Website: www.ijetae.com (ISSN 2250-2459, Volume 2, Issue 5, May 2012)

137

PSO-ANN For Economic Load Dispatch With Valve Point

Loading Effects

Tripti Gupta

1

, Dr. Manjaree Pandit

2

1,2_{Department of Electrical Engineering, Madhav Institute of Technology and Science Gwalior, INDIA}

1

[email protected]

2_{[email protected]}

Abstract— This paper presents a new efficient approach to Economic Load Dispatch (ELD) problems with non-convex cost functions using PSO-ANN. The practical ELD problems have non-smooth cost functions considering valve point loading effects with equality and inequality constraints that make the problem of finding the global optimum difficult using any traditional mathematical approach. Therefore, Particle Swarm Optimization (PSO) technique is used for generating training data for the neural network. This paper proposes a PSO-ANN for the fast on-line implementation of the economic load dispatch problem. Test results of system with 3 generating units are given to illustrate the effectiveness of the proposed method.

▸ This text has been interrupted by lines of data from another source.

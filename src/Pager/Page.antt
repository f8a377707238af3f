-- ===== src/Pager/Page.antt =====
-- The steps of `ProcessPage`: what each keeps, reads and writes.
use pxc_anonymizer.Prelude.{ℕ, ◌≡◌, Bool, true, some, List, map, length, arith, inl, inr}
use pxc_anonymizer.Prelude.Int.{pos, ltb_ℤ}
use pxc_anonymizer.Errors.{Result, ok, Result-cases}
use pxc_anonymizer.Sql.{Value, Server, Ending, commit_and_return}
use pxc_anonymizer.Checkpoint.{Key, Progress, loaded, load, save, load_sql, load_args}
use pxc_anonymizer.Checkpoint.Cursor.{Formats, encode}
use pxc_anonymizer.SqlStep.Durability.{upsert}
use pxc_anonymizer.Pager.{Row, row_of, advanced, update_page, finish_page, page_from}
use pxc_anonymizer.Pager.Statements.{Table, select_sql, select_args}
use pxc_anonymizer.Pager.Storage.{Entry, View, IsStorage}
use pxc_anonymizer.Pager.Rows.{update_page_keeps}

module _ {C : Type 0} {S : Server C} {t : Table} {k : Key} {ignored : Entry → Bool}
    {committed pending : C → View} (L : IsStorage S t k ignored committed pending)
    (F : Formats) where
  pub load_keeps :
      (c : C) → (committed (load F S k c).1 ≡ committed c) × (pending (load F S k c).1 ≡ pending c)
  unfolding load
  load_keeps c = ground (arith, L.load_keeps c)

  pub load_reads :
      (c : C) (p : Progress) → (load F S k c).0 ≡ ok p → loaded F k (pending c).saved ≡ ok p
  unfolding load
  load_reads c p h = elim (Result-cases (S.query_progress c load_sql (load_args k)).0) [
    | inl (row, q) ↦ ground (arith, L.load_reads c row q)
    | inr (x, q) ↦ absurd (ground arith)
  ]

  pub save_keeps : (c : C) (p : Progress) → committed (save F S k p c).1 ≡ committed c
  unfolding save
  save_keeps c p = elim (Result-cases (encode F p.last_pk)) [
    | inl (cursor, q) ↦ ground (arith, L.save_keeps c cursor p)
    | inr (x, q) ↦ ground arith
  ]

  pub save_writes :
      (c : C) (p : Progress)
      → (save F S k p c).0 ≡ ok tt
      → (cursor : List ℕ) × (encode F p.last_pk ≡ ok cursor)
        × (pending (save F S k p c).1
            ≡ record (pending c) { saved = some (upsert (pending c).saved k cursor p) })
  unfolding save
  save_writes c p h = elim (Result-cases (encode F p.last_pk)) [
    | inl (cursor, q) ↦ (cursor, q, ground (arith, L.save_writes c cursor p))
    | inr (x, q) ↦ absurd (ground arith)
  ]

  module _ (transform : Row → Result (List Value)) where
    -- The progress that a page is saved with.
    abbrev pub after_page : Progress → List Row → Progress
    after_page p rows = record (advanced p rows) { done = ltb_ℤ (pos (length rows)) t.page_size }

    pub finish_page_keeps :
        (p : Progress) (rows : List Row) (c : C)
        → committed (finish_page S t transform F k p rows c).1 ≡ committed c
    unfolding finish_page
    finish_page_keeps p rows c =
        let c1 = (update_page S t transform rows c).1 in
        ground (arith, update_page_keeps L transform 0 rows c, save_keeps c1 (after_page p rows))

    -- A page that comes to its commit has updated its rows and saved its progress.
    pub finish_page_steps :
        (p : Progress) (rows : List Row) (c : C) (x : Ending Progress)
        → (finish_page S t transform F k p rows c).0 ≡ ok x
        → let c1 = (update_page S t transform rows c).1 in
          ((update_page S t transform rows c).0 ≡ ok tt)
          × ((save F S k (after_page p rows) c1).0 ≡ ok tt)
          × (x ≡ commit_and_return (record (after_page p rows) { exists = true }))
          × ((finish_page S t transform F k p rows c).1 ≡ (save F S k (after_page p rows) c1).1)
    unfolding finish_page
    finish_page_steps p rows c x h = ground arith

    pub page_from_keeps :
        (p : Progress) (c : C) → committed (page_from S t transform F k p c).1 ≡ committed c
    unfolding page_from
    page_from_keeps p c =
        elim (Result-cases (S.query c (select_sql t p.last_pk) (select_args t p.last_pk)).0) [
          | inl (values, q) ↦
              let c1 = (S.query c (select_sql t p.last_pk) (select_args t p.last_pk)).1 in
              let rows = map (row_of (length t.primary_key)) values in
              ground (arith, L.select_keeps c p.last_pk, finish_page_keeps p rows c1)
          | inr (x, q) ↦ ground (arith, L.select_keeps c p.last_pk)
        ]

    pub page_from_steps :
        (p : Progress) (c : C) (x : Ending Progress)
        → (page_from S t transform F k p c).0 ≡ ok x
        → let selection = S.query c (select_sql t p.last_pk) (select_args t p.last_pk) in
          (values : List (List Value)) × (selection.0 ≡ ok values)
          × (page_from S t transform F k p c
              ≡ finish_page S t transform F k p
                  (map (row_of (length t.primary_key)) values)
                  selection.1)
    unfolding page_from
    page_from_steps p c x h =
        elim (Result-cases (S.query c (select_sql t p.last_pk) (select_args t p.last_pk)).0) [
          | inl (values, q) ↦ (values, q, ground arith)
          | inr (z, q) ↦ absurd (ground arith)
        ]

Keywords— Economic load Dispatch, Particle Swarm optimization, Artificial Neural Network, valve point loading effects.

I. INTRODUCTION

Economic load dispatch problem is one of the fundamental issues in power system operation. Its objective is to allocate the power demand among committed generators in the most economical manner, while all physical and operational constraints are satisfied. This is a real time problem for properly allocating the real power output among the online generating units so as the total production cost of thermal units is minimized.

Many researchers have been done for the problem as reported in the literature [1]. At the early time, the objective function of the ED problem was approximately represented by a single quadratic function so that mathematical programming techniques could be implemented to solve it [2].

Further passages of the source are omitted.